> _Given data_
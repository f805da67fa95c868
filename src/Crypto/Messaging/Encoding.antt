-- ===== src/Crypto/Messaging/Encoding.antt =====
-- `build_aad` and `signed_payload` of client/src/crypto/messaging.py: `|` separates the fields.
use mathlib.Core.List.{append_assoc}
use cs4455_epic.Base.{
  ℕ, suc, ◌<◌, ◌≡◌, ◌≢◌, sym, ap, ◌∙◌, [], ◌∷◌, ◌++◌, arith, All, All-mono, All-append, length,
  append_cancel,
}
use cs4455_epic.Base.Int.{ℤ}
use cs4455_epic.Base.Text.{Str, Bytes}
use cs4455_epic.Codec.Utf8.{encode_ascii}
use cs4455_epic.Codec.Decimal.{show_ℤ, show_ℤ_injective, show_ℤ-IsDecimal, IsDecimal}
use cs4455_epic.Crypto.Messaging.{build_aad, signed_payload}

-- A character of an ASCII text without the delimiter, such as a UUID.
abbrev pub IsPlain : ℕ → Type 0
IsPlain c = (c < 128) × (c ≢ 124)

show_ℤ-IsPlain : (i : ℤ) → All IsPlain (show_ℤ i)
show_ℤ-IsPlain i =
    All-mono IsDecimal IsPlain (λ c d. (omega arith, omega arith)) (show_ℤ i) (show_ℤ-IsDecimal i)

-- The first `|` splits a text in one way.
split_at_bar :
    (a b x y : Str)
    → All IsPlain a
    → All IsPlain b
    → a ++ (124 ∷ x) ≡ b ++ (124 ∷ y)
    → (a ≡ b) × (x ≡ y)
split_at_bar [] [] x y p q h = ground arith
split_at_bar [] (c ∷ b) x y p q h = ground arith
split_at_bar (c ∷ a) [] x y p q h = ground arith
split_at_bar (c ∷ a) (d ∷ b) x y p q h = ground (arith, split_at_bar a b x y p.1 q.1)

plain_ascii : (s : Str) → All IsPlain s → All (λ c. c < 128) s
plain_ascii s h = All-mono IsPlain (λ c. c < 128) (λ c p. p.0) s h

-- A field with the delimiter before the rest.
with_bar :
    (a rest : Str)
    → All IsPlain a
    → All (λ c. c < 128) rest
    → All (λ c. c < 128) (a ++ (124 ∷ rest))
with_bar a rest p q = All-append (λ c. c < 128) a (124 ∷ rest) (plain_ascii a p) (omega arith, q)

module _ (s r s' r' : Str) (i i' : ℤ) (ps : All IsPlain s) (pr : All IsPlain r)
    (ps' : All IsPlain s') (pr' : All IsPlain r') where
  -- Messages whose ids are ASCII and hold no `|` have the same associated data only if sender,
  -- recipient and sequence number are the same.
  pub build_aad_injective : build_aad s r i ≡ build_aad s' r' i' → (s ≡ s') × (r ≡ r') × (i ≡ i')
  unfolding build_aad
  build_aad_injective h =
      let flat =
        sym
          (encode_ascii _ (with_bar s _ ps (with_bar r _ pr (plain_ascii _ (show_ℤ-IsPlain i))))) in
      let flat' =
        encode_ascii _
          (with_bar s' _ ps' (with_bar r' _ pr' (plain_ascii _ (show_ℤ-IsPlain i')))) in
      let first = split_at_bar s s' _ _ ps ps' (flat ∙ h ∙ flat') in
      let second = split_at_bar r r' _ _ pr pr' first.1 in
      (first.0, second.0, show_ℤ_injective i i' second.1)

module _ (s r : Str) (ps : All IsPlain s) (pr : All IsPlain r) where
  header_plain : (i : ℤ) → All (λ c. c < 128) (s ++ (124 ∷ (r ++ (124 ∷ (show_ℤ i ++ (124 ∷ []))))))
  header_plain i = with_bar s _ ps (with_bar r _ pr (with_bar (show_ℤ i) [] (show_ℤ-IsPlain i) tt))

module _ (s r : Str) (i : ℤ) (ciphertext nonce : Bytes) (ps : All IsPlain s)
    (pr : All IsPlain r) where
  -- The signed bytes as one list, field by field.
  signed_payload_flat :
      signed_payload s r i ciphertext nonce
      ≡ s ++ (124 ∷ (r ++ (124 ∷ (show_ℤ i ++ (124 ∷ (ciphertext ++ (124 ∷ nonce)))))))
  unfolding signed_payload
  signed_payload_flat =
      ap (λ h. h ++ (ciphertext ++ (124 ∷ nonce))) (encode_ascii _ (header_plain s r ps pr i))
      ∙ simp append_assoc

module _ (s r s' r' : Str) (i i' : ℤ) (ciphertext nonce ciphertext' nonce' : Bytes)
    (ps : All IsPlain s) (pr : All IsPlain r) (ps' : All IsPlain s') (pr' : All IsPlain r') where
  -- For ids that are ASCII and hold no `|`, and nonces of one length, two messages have the same
  -- signed bytes only if they agree in sender, recipient, sequence number, ciphertext and nonce.
  pub signed_payload_injective :
      length nonce ≡ length nonce'
      → signed_payload s r i ciphertext nonce ≡ signed_payload s' r' i' ciphertext' nonce'
      → (s ≡ s') × (r ≡ r') × (i ≡ i') × (ciphertext ≡ ciphertext') × (nonce ≡ nonce')
  signed_payload_injective same h =
      let flat = sym (signed_payload_flat s r i ciphertext nonce ps pr) in
      let flat' = signed_payload_flat s' r' i' ciphertext' nonce' ps' pr' in
      let first = split_at_bar s s' _ _ ps ps' (flat ∙ h ∙ flat') in
      let second = split_at_bar r r' _ _ pr pr' first.1 in
      let third =
        split_at_bar (show_ℤ i) (show_ℤ i') _ _ (show_ℤ-IsPlain i) (show_ℤ-IsPlain i') second.1 in
      let last =
        append_cancel ciphertext ciphertext' (124 ∷ nonce) (124 ∷ nonce') (ap suc same) third.1 in
      (first.0, second.0, show_ℤ_injective i i' third.0, last.0, ground (arith, last.1))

> _Task to complete_
Nothing but lines that contain "delimiter" should appear in the answer. Copy each from the records.

> _Task result_
-- A character of an ASCII text without the delimiter, such as a UUID.
-- A field with the delimiter before the rest.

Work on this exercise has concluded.